### Exercise
Please write out word for word the opening lines of the material, including the line with "(has_pending who attempts ≡ false)" as the last.

═══ Data for analysis

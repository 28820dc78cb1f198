-- ===== src/LogBudget/Turn.antt =====
-- When `reserve` grants a permit, and what it answers otherwise.
use gcp_engineering_platform.Base.{
  ℕ, suc, ◌+◌, ◌≤◌, ◌<◌, String, Bool, true, false, ◌&&◌, not, List, [], ◌∷◌, ◌++◌, ◌==◌, ltb, leb,
  nat_eq, Option, none, some, ◌≡◌, ◌↔◌, inl, inr, refl, arith, eq_iff, eq_refl, Bool-cases,
  Option-cases,
}
use gcp_engineering_platform.LogBudget.Record.{
  Permit, Waiter, Budget, length, max_attempts, max_waiters, cadence_seconds,
}
use gcp_engineering_platform.LogBudget.Permits.{
  Reservation, min, max, has_pending, index_of, touch, new_waiter, settle, acquire, queued,
  wait_seconds,
}

-- The participant is the first waiter, or would be.
abbrev pub IsFirst : String → List Waiter → Type 0
IsFirst who [] = Unit
IsFirst who (w ∷ ws) = w.participant ≡ who

-- It is the participant's turn.
abbrev pub IsTurn : ℕ → String → Budget → List Permit → List Waiter → Type 0
IsTurn now who r attempts waiters =
    (has_pending who attempts ≡ false)
    × IsFirst who waiters
    × (r.next_due ≤ now)
    × (length attempts < max_attempts)

pub settle_allowed :
    (now : ℕ) (who token : String) (r : Budget) (attempts : List Permit) (waiters : List Waiter)
    (index : ℕ)
    → (settle now who token r attempts waiters index).0.allowed
      ≡ (nat_eq index 0 && (leb r.next_due now && ltb (length attempts) max_attempts))
unfolding settle queued
settle_allowed now who token r attempts waiters index = ground arith

-- The answer of a call of a participant without a pending permit.
answer : ℕ → Budget → List Permit → List Waiter → Option ℕ → Bool
answer now r attempts waiters (some i) =
    nat_eq i 0 && (leb r.next_due now && ltb (length attempts) max_attempts)
answer now r attempts waiters none =
    not (leb max_waiters (length waiters))
    && (nat_eq (length waiters) 0 && (leb r.next_due now && ltb (length attempts) max_attempts))

acquire_allowed :
    (now : ℕ) (who token : String) (r : Budget) (attempts : List Permit) (waiters : List Waiter)
    → (acquire now who token r attempts waiters).0.allowed
      ≡ (not (has_pending who attempts) && answer now r attempts waiters (index_of who waiters))
unfolding acquire answer
acquire_allowed now who token r attempts waiters = elim (Bool-cases (has_pending who attempts)) [
  | inl held ↦ rw held
  | inr free ↦ elim (Option-cases (index_of who waiters)) [
    | inl absent ↦ elim (Bool-cases (leb max_waiters (length waiters))) [
      | inl full ↦ rw (free, absent, full) refl
      | inr room ↦
          rw (free, absent, room)
            (settle_allowed now who token r attempts (waiters ++ new_waiter now who ∷ [])
              (length waiters))
    ]
    | inr (i, standing) ↦
        rw (free, standing) (settle_allowed now who token r attempts (touch now i waiters) i)
  ]
]

answer-IsFirst :
    (now : ℕ) (who : String) (r : Budget) (attempts : List Permit) (waiters : List Waiter)
    → answer now r attempts waiters (index_of who waiters) ≡ true
    → IsFirst who waiters × (r.next_due ≤ now) × (length attempts < max_attempts)
unfolding answer index_of
answer-IsFirst now who r attempts [] h = (tt, ground (arith, h), ground (arith, h))
answer-IsFirst now who r attempts (w ∷ ws) h = elim (Bool-cases (w.participant == who)) [
  | inl same ↦ (
    (eq_iff w.participant who).0 same,
    ground (arith, rw same at h),
    ground (arith, rw same at h),
  )
  | inr other ↦ absurd (later (index_of who ws) (rw other at h))
]
  where
    later :
        (o : Option ℕ)
        → answer now r attempts (w ∷ ws) (elim o [ none ↦ none | some i ↦ some (suc i) ]) ≡ true
        → ⊥
    later none h = ground (arith, h)
    later (some i) h = ground (arith, h)

IsFirst-answer :
    (now : ℕ) (who : String) (r : Budget) (attempts : List Permit) (waiters : List Waiter)
    → IsFirst who waiters
    → r.next_due ≤ now
    → length attempts < max_attempts
    → answer now r attempts waiters (index_of who waiters) ≡ true
unfolding answer index_of
IsFirst-answer now who r attempts [] first past short = ground (arith, past, short)
IsFirst-answer now who r attempts (w ∷ ws) first past short =
    rw (first, eq_refl) (ground (arith, past, short))

-- A call of `reserve` is granted a permit exactly when its participant has no pending permit, is the
-- first of the waiters that are alive or finds none, the next permit is due, and fewer than 12 are
-- charged. So no one overtakes the first waiter, and the first waiter is not refused its turn.
pub grants_in_order :
    (now : ℕ) (who token : String) (r : Budget) (attempts : List Permit) (waiters : List Waiter)
    → ((acquire now who token r attempts waiters).0.allowed ≡ true)
      ↔ IsTurn now who r attempts waiters
grants_in_order now who token r attempts waiters = (
  λ h.
      let both = rw (acquire_allowed now who token r attempts waiters) at h in
      let (first, past, short) = answer-IsFirst now who r attempts waiters (ground (arith, both)) in
      (ground (arith, both), first, past, short),
  λ turn.
      let yes_answer = IsFirst-answer now who r attempts waiters turn.1 turn.2 turn.3 in
      rw (acquire_allowed now who token r attempts waiters, turn.0, yes_answer) refl,
)

-- The answer to a participant that waits at a position.
abbrev pub Told : ℕ → Budget → List Permit → Reservation → ℕ → Type 0
Told now r attempts a position =
    (1 ≤ position)
    × (position ≤ max_waiters)
    × (cadence_seconds ≤ a.next_poll_seconds)
    × (a.next_poll_seconds ≤ 10)
    × (a.queue_wait_seconds ≡ some (wait_seconds now r.next_due attempts position))

polls_between :
    (wait : ℕ)
    → (cadence_seconds ≤ max cadence_seconds (min 10 wait))
      × (max cadence_seconds (min 10 wait) ≤ 10)
polls_between wait = (ground arith, ground arith)

settle-Told :
    (now : ℕ) (who token : String) (r : Budget) (attempts : List Permit) (waiters : List Waiter)
    (index position : ℕ)
    → index < max_waiters
    → (settle now who token r attempts waiters index).0.queue_position ≡ some position
    → Told now r attempts (settle now who token r attempts waiters index).0 position
unfolding settle queued
settle-Told now who token r attempts waiters index position room h =
    elim (Bool-cases
      (nat_eq index 0 && (leb r.next_due now && ltb (length attempts) max_attempts))) [
        | inl turn ↦ absurd (cc (rw turn at h))
        | inr waits ↦
            let same : index + 1 ≡ position = cc (rw waits at h) in
            rw (waits, ← same)
              (
                omega arith,
                omega (arith, room),
                (polls_between (wait_seconds now r.next_due attempts (index + 1))).0,
                (polls_between (wait_seconds now r.next_due attempts (index + 1))).1,
                refl,
              )
      ]

index_of-lt-length :
    (who : String) (waiters : List Waiter) (i : ℕ)
    → index_of who waiters ≡ some i
    → i < length waiters
unfolding index_of
index_of-lt-length who [] i h = cc
index_of-lt-length who (w ∷ ws) i h = elim (Option-cases (index_of who ws)) [
  | inl absent ↦ ground (arith, h, absent)
  | inr (k, standing) ↦ ground (arith, h, standing, index_of-lt-length who ws k standing)
]

-- A participant that is told a position in the queue is told one between 1 and the limit of waiters,
-- to poll again after 5 to 10 seconds, and the seconds that `_wait_seconds` computes for it.
pub queue_answer :
    (now : ℕ) (who token : String) (r : Budget) (attempts : List Permit) (waiters : List Waiter)
    (position : ℕ)
    → length waiters ≤ max_waiters
    → (acquire now who token r attempts waiters).0.queue_position ≡ some position
    → Told now r attempts (acquire now who token r attempts waiters).0 position
unfolding acquire
queue_answer now who token r attempts waiters position within h =
    elim (Bool-cases (has_pending who attempts)) [
      | inl held ↦ absurd (cc (rw held at h))
      | inr free ↦ elim (Option-cases (index_of who waiters)) [
        | inl absent ↦ elim (Bool-cases (leb max_waiters (length waiters))) [
          | inl full ↦ absurd (cc (rw (free, absent, acquire, full) at h))
          | inr room ↦
              rw (free, absent, acquire, room)
                (settle-Told now who token r attempts (waiters ++ new_waiter now who ∷ [])
                  (length waiters) position (ground (arith, room))
                  (rw (free, absent, acquire, room) at h))
        ]
        | inr (i, standing) ↦
            rw (free, standing, acquire)
              (settle-Told now who token r attempts (touch now i waiters) i position
                (omega (arith, index_of-lt-length who waiters i standing, within))
                (rw (free, standing, acquire) at h))
      ]
    ]
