-- ===== src/LogBudget/Valid.antt =====
-- The checks of `_record` in src/eng_platform_api/services/log_budget.py on permits that are kept,
-- appended and completed.
use gcp_engineering_platform.Base.{
  ℕ, ◌≤◌, String, Bool, true, false, ◌||◌, List, [], ◌∷◌, ◌++◌, ◌==◌, elem, if◌then◌else◌, some,
  ◌≡◌, inl, inr, refl, arith, Bool-cases, Option-cases,
}
use gcp_engineering_platform.Python.Raise.{ok, >>-ok}
use gcp_engineering_platform.LogBudget.Record.{
  Permit, is_token, is_participant, check_completion, check_permit, check_permits, is_pending,
  is_charged, charged,
}
use gcp_engineering_platform.LogBudget.Permits.{has_pending, new_permit, complete_at}

-- What the first list does not hold, the second does not hold.
abbrev pub Fewer : List String → List String → Type 0
Fewer xs ys = (t : String) → elem t xs ≡ false → elem t ys ≡ false

Fewer-cons : (u : String) (xs ys : List String) → Fewer xs ys → Fewer (u ∷ xs) (u ∷ ys)
Fewer-cons u xs ys f t h = ground (arith, h, f t)

Fewer-more : (u : String) (xs ys : List String) → Fewer xs ys → Fewer (u ∷ xs) ys
Fewer-more u xs ys f t h = ground (arith, h, f t)

-- A permit that was accepted is accepted later, and among fewer others.
check_permit-later :
    (now now' : ℕ) (seen seen' pending pending' : List String) (p : Permit)
    → now ≤ now'
    → Fewer seen seen'
    → Fewer pending pending'
    → check_permit now seen pending p ≡ ok tt
    → check_permit now' seen' pending' p ≡ ok tt
unfolding check_permit check_completion
check_permit-later now now' seen seen' pending pending' p later fewer fewer' h =
    elim (Option-cases p.completed_at) [
      | inl open_permit ↦
          rw open_permit (ground (arith, rw open_permit at h, fewer p.token, fewer' p.participant))
      | inr (t, closed) ↦ rw closed (ground (arith, rw closed at h, fewer p.token))
    ]

-- `pending` after a permit.
abbrev pub pending_after : Permit → List String → List String
pending_after p pending = if is_pending p then p.participant ∷ pending else pending

Fewer-pending_after :
    (p : Permit) (xs ys : List String)
    → Fewer xs ys
    → Fewer (pending_after p xs) (pending_after p ys)
Fewer-pending_after p xs ys f = elim (Bool-cases (is_pending p)) [
  | inl open_permit ↦ rw open_permit (Fewer-cons p.participant xs ys f)
  | inr closed ↦ rw closed f
]

-- The checks of a list of permits succeed, and leave no more than the given pending participants.
abbrev pub Accepted : ℕ → List String → List String → List Permit → List String → Type 0
Accepted now seen pending ps q =
    (q' : List String) × (check_permits now seen pending ps ≡ ok q') × Fewer q q'

Accepted-cons :
    (now : ℕ) (seen pending : List String) (p : Permit) (ps : List Permit) (q : List String)
    → check_permit now seen pending p ≡ ok tt
    → Accepted now (p.token ∷ seen) (pending_after p pending) ps q
    → Accepted now seen pending (p ∷ ps) q
unfolding check_permits
Accepted-cons now seen pending p ps q h (q', rest, fewer) = (q', rw (h, rest) refl, fewer)

not_charged : (at : ℕ) (p : Permit) → is_charged at p ≡ false → is_pending p ≡ false
unfolding is_charged
not_charged at p h = ground (arith, h)

-- What is still charged of accepted permits is accepted later.
pub charged-Accepted :
    (now now' at : ℕ) (seen seen' pending pending' : List String) (ps : List Permit)
    (q : List String)
    → now ≤ now'
    → Fewer seen seen'
    → Fewer pending pending'
    → check_permits now seen pending ps ≡ ok q
    → Accepted now' seen' pending' (charged at ps) q
unfolding check_permits charged
charged-Accepted now now' at seen seen' pending pending' [] q later fewer fewer' h =
    (pending', refl, λ t e. fewer' t (ground (arith, h, e)))
charged-Accepted now now' at seen seen' pending pending' (p ∷ ps) q later fewer fewer' h =
    let (first, rest) = >>-ok (check_permit now seen pending p) _ h in
    elim (Bool-cases (is_charged at p)) [
      | inl kept ↦ rw kept (
          Accepted-cons now' seen' pending' p (charged at ps) q
            (check_permit-later now now' seen seen' pending pending' p later fewer fewer' first)
            (charged-Accepted now now' at (p.token ∷ seen) (p.token ∷ seen')
              (pending_after p pending) (pending_after p pending') ps q later
              (Fewer-cons p.token seen seen' fewer) (Fewer-pending_after p pending pending' fewer')
              rest))
      | inr dropped ↦ rw dropped (
          charged-Accepted now now' at (p.token ∷ seen) seen' pending pending' ps q later
            (Fewer-more p.token seen seen' fewer) fewer' (rw (not_charged at p dropped) at rest))
    ]

-- A permit appended to accepted ones.
unfoldable pub has_token : String → List Permit → Bool
has_token token [] = false
has_token token (p ∷ ps) = (p.token == token) || has_token token ps

check_new :
    (now now' : ℕ) (seen q : List String) (who token : String)
    → now ≤ now'
    → is_token token ≡ true
    → is_participant who ≡ true
    → elem token seen ≡ false
    → elem who q ≡ false
    → check_permit now' seen q (new_permit now who token) ≡ ok tt
unfolding check_permit check_completion
check_new now now' seen q who token later valid valid' fresh free = ground arith

pub append-Accepted :
    (now now' : ℕ) (seen pending : List String) (ps : List Permit) (q : List String)
    (who token : String)
    → now ≤ now'
    → is_token token ≡ true
    → is_participant who ≡ true
    → has_token token ps ≡ false
    → elem token seen ≡ false
    → elem who q ≡ false
    → check_permits now' seen pending ps ≡ ok q
    → check_permits now' seen pending (ps ++ new_permit now who token ∷ []) ≡ ok (who ∷ q)
unfolding check_permits has_token
append-Accepted now now' seen pending [] q who token later valid valid' fresh unseen free h =
    let same : pending ≡ q = cc h in
    rw (same, check_new now now' seen q who token later valid valid' unseen free) refl
append-Accepted now now' seen pending (p ∷ ps) q who token later valid valid' fresh unseen free h =
    let (first, rest) = >>-ok (check_permit now' seen pending p) _ h in
    rw first (
      append-Accepted now now' (p.token ∷ seen) (pending_after p pending) ps q who token later valid
        valid' (ground (arith, fresh)) (ground (arith, fresh, unseen)) free rest)

-- Accepted permits are accepted later and among fewer others.
pub later-Accepted :
    (now now' : ℕ) (seen seen' pending pending' : List String) (ps : List Permit) (q : List String)
    → now ≤ now'
    → Fewer seen seen'
    → Fewer pending pending'
    → check_permits now seen pending ps ≡ ok q
    → Accepted now' seen' pending' ps q
unfolding check_permits
later-Accepted now now' seen seen' pending pending' [] q later fewer fewer' h =
    (pending', refl, λ t e. fewer' t (ground (arith, h, e)))
later-Accepted now now' seen seen' pending pending' (p ∷ ps) q later fewer fewer' h =
    let (first, rest) = >>-ok (check_permit now seen pending p) _ h in
    Accepted-cons now' seen' pending' p ps q
      (check_permit-later now now' seen seen' pending pending' p later fewer fewer' first)
      (later-Accepted now now' (p.token ∷ seen) (p.token ∷ seen') (pending_after p pending)
        (pending_after p pending') ps q later (Fewer-cons p.token seen seen' fewer)
        (Fewer-pending_after p pending pending' fewer') rest)

check_completed :
    (now : ℕ) (seen pending pending' : List String) (p : Permit)
    → check_permit now seen pending p ≡ ok tt
    → check_permit now seen pending' (record p { completed_at = some now }) ≡ ok tt
unfolding check_permit check_completion
check_completed now seen pending pending' p h = ground arith

Fewer-after : (p : Permit) (xs ys : List String) → Fewer xs ys → Fewer (pending_after p xs) ys
Fewer-after p xs ys f = elim (Bool-cases (is_pending p)) [
  | inl open_permit ↦ rw open_permit (Fewer-more p.participant xs ys f)
  | inr closed ↦ rw closed f
]

-- Completing a permit keeps the rest accepted.
pub complete-Accepted :
    (now : ℕ) (seen pending pending' : List String) (token : String) (ps : List Permit)
    (q : List String)
    → Fewer pending pending'
    → check_permits now seen pending ps ≡ ok q
    → Accepted now seen pending' (complete_at now token ps) q
unfolding check_permits complete_at
complete-Accepted now seen pending pending' token [] q fewer h =
    (pending', refl, λ t e. fewer t (ground (arith, h, e)))
complete-Accepted now seen pending pending' token (p ∷ ps) q fewer h =
    let (first, rest) = >>-ok (check_permit now seen pending p) _ h in
    elim (Bool-cases (p.token == token)) [
      | inl here ↦ rw here (
          Accepted-cons now seen pending' (record p { completed_at = some now }) ps q
            (check_completed now seen pending pending' p first)
            (later-Accepted now now (p.token ∷ seen) (p.token ∷ seen) (pending_after p pending)
              pending' ps q (omega arith) (λ t e. e) (Fewer-after p pending pending' fewer) rest))
      | inr other ↦ rw other (
          Accepted-cons now seen pending' p (complete_at now token ps) q
            (check_permit-later now now seen seen pending pending' p (omega arith) (λ t e. e) fewer
              first)
            (complete-Accepted now (p.token ∷ seen) (pending_after p pending)
              (pending_after p pending') token ps q (Fewer-pending_after p pending pending' fewer)
              rest))
    ]

-- A participant without a pending permit is not among those that the checks leave pending.
pub not_pending :
    (now : ℕ) (seen pending : List String) (who : String) (ps : List Permit) (q : List String)
    → has_pending who ps ≡ false
    → elem who pending ≡ false
    → check_permits now seen pending ps ≡ ok q
    → elem who q ≡ false
unfolding has_pending check_permits
not_pending now seen pending who [] q none_pending free h = ground (arith, h, free)
not_pending now seen pending who (p ∷ ps) q none_pending free h =
    let (first, rest) = >>-ok (check_permit now seen pending p) _ h in
    not_pending now (p.token ∷ seen) (pending_after p pending) who ps q
      (ground (arith, none_pending)) (ground (arith, none_pending, free)) rest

══════

### Solution
repository 28820dc78cb1f198
-- ===== src/LogBudget/Turn.antt =====
-- When `reserve` grants a permit, and what it answers otherwise.
use gcp_engineering_platform.Base.{
  ℕ, suc, ◌+◌, ◌≤◌, ◌<◌, String, Bool, true, false, ◌&&◌, not, List, [], ◌∷◌, ◌++◌, ◌==◌, ltb, leb,
  nat_eq, Option, none, some, ◌≡◌, ◌↔◌, inl, inr, refl, arith, eq_iff, eq_refl, Bool-cases,
  Option-cases,
}
use gcp_engineering_platform.LogBudget.Record.{
  Permit, Waiter, Budget, length, max_attempts, max_waiters, cadence_seconds,
}
use gcp_engineering_platform.LogBudget.Permits.{
  Reservation, min, max, has_pending, index_of, touch, new_waiter, settle, acquire, queued,
  wait_seconds,
}

-- The participant is the first waiter, or would be.
abbrev pub IsFirst : String → List Waiter → Type 0
IsFirst who [] = Unit
IsFirst who (w ∷ ws) = w.participant ≡ who

-- It is the participant's turn.
abbrev pub IsTurn : ℕ → String → Budget → List Permit → List Waiter → Type 0
IsTurn now who r attempts waiters =
    (has_pending who attempts ≡ false)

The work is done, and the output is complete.